■ **SOURCE DATA**

-- ===== src/Uheap.antt =====
-- kernel/uheap.c: the heap of a user task, regions of whole pages in its address space, each followed by
-- a page that is not mapped. The list of regions is a list, newest first. The frames and the page tables
-- are an interface. No sum here exceeds 64 bits, since sizes and addresses are bounded first.
pub mod Regions
pub mod Steps
mod Witnesses
use aetheroz.Prelude.{
  ℕ, zero, suc, ◌+◌, ◌*◌, ◌/◌, ◌^◌, Bool, true, false, ◌&&◌, ◌||◌, not, Option, none, some, List,
  [], ◌∷◌, ltb, leb, ◌==◌, if◌then◌else◌,
}

-- The frames of kernel/pmm.c and the task's page tables of kernel/paging.c, with the memory that they
-- map. An address 0 is no frame. `node_granted` is whether kmalloc has a node for a region.
pub record AddressSpace : Type 1 where
  pub State : Type 0
  pub pmm_alloc_page : State → ℕ × State
  pub pmm_free_page : State → ℕ → State
  pub pmm_owns_page : State → ℕ → Bool
  pub vmm_map_page_into : State → ℕ → ℕ → Bool × State
  pub vmm_unmap_page_from : State → ℕ → ℕ × State
  pub clear_frame : State → ℕ → State
  pub copy_user : State → ℕ → ℕ → ℕ → State
  pub node_granted : State → Bool

abbrev pub uheap_base : ℕ
uheap_base = 0x10000000

abbrev pub uheap_end : ℕ
uheap_end = 0x40000000

abbrev pub uheap_max_alloc : ℕ
uheap_max_alloc = 64 * 1024 * 1024

abbrev pub page : ℕ
page = 4096

pub record Region : Type 0 where
  pub base : ℕ
  pub size : ℕ
  pub pages : ℕ

-- `uheap_brk` and `uheap_regions` of a task.
pub record Uheap : Type 0 where
  pub brk : ℕ
  pub regions : List Region

-- A frame that was mapped goes back to the allocator.
unfoldable pub give_back : (k : AddressSpace) → ℕ × k.State → k.State
give_back k (pa, s) = if not (pa == 0) && k.pmm_owns_page s pa then k.pmm_free_page s pa else s

-- The pages `i` up to `i + n`.
unfoldable pub uheap_unmap_range : (k : AddressSpace) → k.State → ℕ → ℕ → ℕ → k.State
uheap_unmap_range k s base i zero = s
uheap_unmap_range k s base i (suc n) =
    uheap_unmap_range k (give_back k (k.vmm_unmap_page_from s (base + i * page))) base (suc i) n

-- A frame for one page; false where there is none, or where it cannot be mapped.
unfoldable pub map_page : (k : AddressSpace) → ℕ × k.State → ℕ → Bool × k.State
map_page k (pa, s) va =
    let mapped = k.vmm_map_page_into s va pa in
    if pa == 0
    then (false, s)
    else if mapped.0
    then (true, k.clear_frame mapped.1 pa)
    else (false, k.pmm_free_page mapped.1 pa)

-- The loop over the pages, with `n` to go; a failure unmaps the first `i` pages.
unfoldable pub map_pages : (k : AddressSpace) → k.State → ℕ → ℕ → ℕ → Bool × k.State
map_pages k s base i zero = (true, s)
map_pages k s base i (suc n) =
    let now = map_page k (k.pmm_alloc_page s) (base + i * page) in
    let rest = map_pages k now.1 base (suc i) n in
    if now.0 then rest else (false, uheap_unmap_range k now.1 base 0 i)

-- The new region, where its pages are mapped.
unfoldable pub add_region :
    (k : AddressSpace) → Uheap → ℕ → ℕ → ℕ → Bool × k.State → ℕ × Uheap × k.State
add_region k h brk size pages (false, s) = (0, h, s)
add_region k h brk size pages (true, s) = (
  brk,
  record {
    brk = brk + pages * page + page;
    regions = (record { base = brk; size = size; pages = pages }) ∷ h.regions;
  },
  s,
)

abbrev pub brk_of : Uheap → ℕ
brk_of h = if h.brk == 0 then uheap_base else h.brk

abbrev pub pages_of : ℕ → ℕ
pages_of size = (size + 4095) / 4096

-- `has_space` is `t->pml4_phys != PHYS_NULL`.
unfoldable pub uheap_alloc : (k : AddressSpace) → k.State → Bool → Uheap → ℕ → ℕ × Uheap × k.State
uheap_alloc k s has_space h size =
    let brk = brk_of h in
    let pages = pages_of size in
    if not has_space || size == 0 || ltb uheap_max_alloc size
    then (0, h, s)
    else if ltb uheap_end (brk + pages * page + page) || not (k.node_granted s)
    then (0, h, s)
    else add_region k h brk size pages (map_pages k s brk 0 pages)

unfoldable pub find_region : ℕ → List Region → Option Region
find_region uaddr [] = none
find_region uaddr (r ∷ rs) =
    let rest = find_region uaddr rs in if r.base == uaddr then some r else rest

unfoldable pub remove_region : ℕ → List Region → List Region
remove_region uaddr [] = []
remove_region uaddr (r ∷ rs) =
    let rest = remove_region uaddr rs in if r.base == uaddr then rs else r ∷ rest

-- `n->size = new_size` of the region at an address.
unfoldable pub resize_region : ℕ → ℕ → List Region → List Region
resize_region uaddr size [] = []
resize_region uaddr size (r ∷ rs) =
    let rest = resize_region uaddr size rs in
    if r.base == uaddr then (record r { size = size }) ∷ rs else r ∷ rest

unfoldable pub free_found :
    (k : AddressSpace) → k.State → Uheap → ℕ → Option Region → Bool × Uheap × k.State
free_found k s h uaddr none = (false, h, s)
free_found k s h uaddr (some r) = (
  true,
  record h { regions = remove_region uaddr h.regions },
  uheap_unmap_range k s r.base 0 r.pages,
)

unfoldable pub uheap_free : (k : AddressSpace) → k.State → Uheap → ℕ → Bool × Uheap × k.State
uheap_free k s h uaddr =
    if uaddr == 0 then (false, h, s) else free_found k s h uaddr (find_region uaddr h.regions)

-- The copy to the new region and the release of the old one; where there is no new region all stays.
unfoldable pub move_region :
    (k : AddressSpace) → Region → ℕ → ℕ → ℕ × Uheap × k.State → ℕ × Uheap × k.State
move_region k r uaddr new_size (new_base, h, s) =
    let copied = k.copy_user s new_base uaddr (if ltb r.size new_size then r.size else new_size) in
    let freed = uheap_free k copied h uaddr in
    if new_base == 0 then (0, h, s) else (new_base, freed.1, freed.2)

unfoldable pub realloc_found :
    (k : AddressSpace) → k.State → Bool → Uheap → ℕ → ℕ → Option Region → ℕ × Uheap × k.State
realloc_found k s has_space h uaddr new_size none = (0, h, s)
realloc_found k s has_space h uaddr new_size (some r) =
    if leb new_size (r.pages * page)
    then (r.base, record h { regions = resize_region uaddr new_size h.regions }, s)
    else move_region k r uaddr new_size (uheap_alloc k s has_space h new_size)

unfoldable pub uheap_realloc :
    (k : AddressSpace) → k.State → Bool → Uheap → ℕ → ℕ → ℕ × Uheap × k.State
uheap_realloc k s has_space h uaddr new_size =
    let freed = uheap_free k s h uaddr in
    if uaddr == 0
    then uheap_alloc k s has_space h new_size
    else if new_size == 0
    then (0, freed.1, freed.2)
    else if ltb uheap_max_alloc new_size
    then (0, h, s)
    else realloc_found k s has_space h uaddr new_size (find_region uaddr h.regions)

unfoldable pub uheap_reset : Uheap → Uheap
uheap_reset h = record { brk = uheap_base; regions = [] }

■ **WHAT IS REQUIRED**
Please repeat the data in full so that nothing differs from the original.

■ **OUTPUT FOR THIS EXERCISE**
-- ===== src/Uheap.antt =====
-- kernel/uheap.c: the heap of a user task, regions of whole pages in its address space, each followed by
-- a page that is not mapped. The list of regions is a list, newest first. The frames and the page tables
-- are an interface. No sum here exceeds 64 bits, since sizes and addresses are bounded first.
pub mod Regions
pub mod Steps
mod Witnesses
use aetheroz.Prelude.{
  ℕ, zero, suc, ◌+◌, ◌*◌, ◌/◌, ◌^◌, Bool, true, false, ◌&&◌, ◌||◌, not, Option, none, some, List,
  [], ◌∷◌, ltb, leb, ◌==◌, if◌then◌else◌,
}

-- The frames of kernel/pmm.c and the task's page tables of kernel/paging.c, with the memory that they
-- map. An address 0 is no frame. `node_granted` is whether kmalloc has a node for a region.
pub record AddressSpace : Type 1 where
  pub State : Type 0
  pub pmm_alloc_page : State → ℕ × State
  pub pmm_free_page : State → ℕ → State
  pub pmm_owns_page : State → ℕ → Bool
  pub vmm_map_page_into : State → ℕ → ℕ → Bool × State
  pub vmm_unmap_page_from : State → ℕ → ℕ × State
  pub clear_frame : State → ℕ → State
  pub copy_user : State → ℕ → ℕ → ℕ → State
  pub node_granted : State → Bool

abbrev pub uheap_base : ℕ
uheap_base = 0x10000000

abbrev pub uheap_end : ℕ
uheap_end = 0x40000000

abbrev pub uheap_max_alloc : ℕ
uheap_max_alloc = 64 * 1024 * 1024

abbrev pub page : ℕ
page = 4096

pub record Region : Type 0 where
  pub base : ℕ
  pub size : ℕ
  pub pages : ℕ

-- `uheap_brk` and `uheap_regions` of a task.
pub record Uheap : Type 0 where
  pub brk : ℕ
  pub regions : List Region

-- A frame that was mapped goes back to the allocator.
unfoldable pub give_back : (k : AddressSpace) → ℕ × k.State → k.State
give_back k (pa, s) = if not (pa == 0) && k.pmm_owns_page s pa then k.pmm_free_page s pa else s

-- The pages `i` up to `i + n`.
unfoldable pub uheap_unmap_range : (k : AddressSpace) → k.State → ℕ → ℕ → ℕ → k.State
uheap_unmap_range k s base i zero = s
uheap_unmap_range k s base i (suc n) =
    uheap_unmap_range k (give_back k (k.vmm_unmap_page_from s (base + i * page))) base (suc i) n

-- A frame for one page; false where there is none, or where it cannot be mapped.
unfoldable pub map_page : (k : AddressSpace) → ℕ × k.State → ℕ → Bool × k.State
map_page k (pa, s) va =
    let mapped = k.vmm_map_page_into s va pa in
    if pa == 0
    then (false, s)
    else if mapped.0
    then (true, k.clear_frame mapped.1 pa)
    else (false, k.pmm_free_page mapped.1 pa)

-- The loop over the pages, with `n` to go; a failure unmaps the first `i` pages.
unfoldable pub map_pages : (k : AddressSpace) → k.State → ℕ → ℕ → ℕ → Bool × k.State
map_pages k s base i zero = (true, s)
map_pages k s base i (suc n) =
    let now = map_page k (k.pmm_alloc_page s) (base + i * page) in
    let rest = map_pages k now.1 base (suc i) n in
    if now.0 then rest else (false, uheap_unmap_range k now.1 base 0 i)

-- The new region, where its pages are mapped.
unfoldable pub add_region :
    (k : AddressSpace) → Uheap → ℕ → ℕ → ℕ → Bool × k.State → ℕ × Uheap × k.State
add_region k h brk size pages (false, s) = (0, h, s)
add_region k h brk size pages (true, s) = (
  brk,
  record {
    brk = brk + pages * page + page;
    regions = (record { base = brk; size = size; pages = pages }) ∷ h.regions;
  },
  s,
)

abbrev pub brk_of : Uheap → ℕ
brk_of h = if h.brk == 0 then uheap_base else h.brk

abbrev pub pages_of : ℕ → ℕ
pages_of size = (size + 4095) / 4096

-- `has_space` is `t->pml4_phys != PHYS_NULL`.
unfoldable pub uheap_alloc : (k : AddressSpace) → k.State → Bool → Uheap → ℕ → ℕ × Uheap × k.State
uheap_alloc k s has_space h size =
    let brk = brk_of h in
    let pages = pages_of size in
    if not has_space || size == 0 || ltb uheap_max_alloc size
    then (0, h, s)
    else if ltb uheap_end (brk + pages * page + page) || not (k.node_granted s)
    then (0, h, s)
    else add_region k h brk size pages (map_pages k s brk 0 pages)

unfoldable pub find_region : ℕ → List Region → Option Region
find_region uaddr [] = none
find_region uaddr (r ∷ rs) =
    let rest = find_region uaddr rs in if r.base == uaddr then some r else rest

unfoldable pub remove_region : ℕ → List Region → List Region
remove_region uaddr [] = []
remove_region uaddr (r ∷ rs) =
    let rest = remove_region uaddr rs in if r.base == uaddr then rs else r ∷ rest

-- `n->size = new_size` of the region at an address.
unfoldable pub resize_region : ℕ → ℕ → List Region → List Region
resize_region uaddr size [] = []
resize_region uaddr size (r ∷ rs) =
    let rest = resize_region uaddr size rs in
    if r.base == uaddr then (record r { size = size }) ∷ rs else r ∷ rest

unfoldable pub free_found :
    (k : AddressSpace) → k.State → Uheap → ℕ → Option Region → Bool × Uheap × k.State
free_found k s h uaddr none = (false, h, s)
free_found k s h uaddr (some r) = (
  true,
  record h { regions = remove_region uaddr h.regions },
  uheap_unmap_range k s r.base 0 r.pages,
)

unfoldable pub uheap_free : (k : AddressSpace) → k.State → Uheap → ℕ → Bool × Uheap × k.State
uheap_free k s h uaddr =
    if uaddr == 0 then (false, h, s) else free_found k s h uaddr (find_region uaddr h.regions)

-- The copy to the new region and the release of the old one; where there is no new region all stays.
unfoldable pub move_region :
    (k : AddressSpace) → Region → ℕ → ℕ → ℕ × Uheap × k.State → ℕ × Uheap × k.State
move_region k r uaddr new_size (new_base, h, s) =
    let copied = k.copy_user s new_base uaddr (if ltb r.size new_size then r.size else new_size) in
    let freed = uheap_free k copied h uaddr in
    if new_base == 0 then (0, h, s) else (new_base, freed.1, freed.2)

unfoldable pub realloc_found :
    (k : AddressSpace) → k.State → Bool → Uheap → ℕ → ℕ → Option Region → ℕ × Uheap × k.State
realloc_found k s has_space h uaddr new_size none = (0, h, s)
realloc_found k s has_space h uaddr new_size (some r) =
    if leb new_size (r.pages * page)
    then (r.base, record h { regions = resize_region uaddr new_size h.regions }, s)
    else move_region k r uaddr new_size (uheap_alloc k s has_space h new_size)

unfoldable pub uheap_realloc :
    (k : AddressSpace) → k.State → Bool → Uheap → ℕ → ℕ → ℕ × Uheap × k.State
uheap_realloc k s has_space h uaddr new_size =
    let freed = uheap_free k s h uaddr in
    if uaddr == 0
    then uheap_alloc k s has_space h new_size
    else if new_size == 0
    then (0, freed.1, freed.2)
    else if ltb uheap_max_alloc new_size
    then (0, h, s)
    else realloc_found k s has_space h uaddr new_size (find_region uaddr h.regions)

unfoldable pub uheap_reset : Uheap → Uheap
uheap_reset h = record { brk = uheap_base; regions = [] }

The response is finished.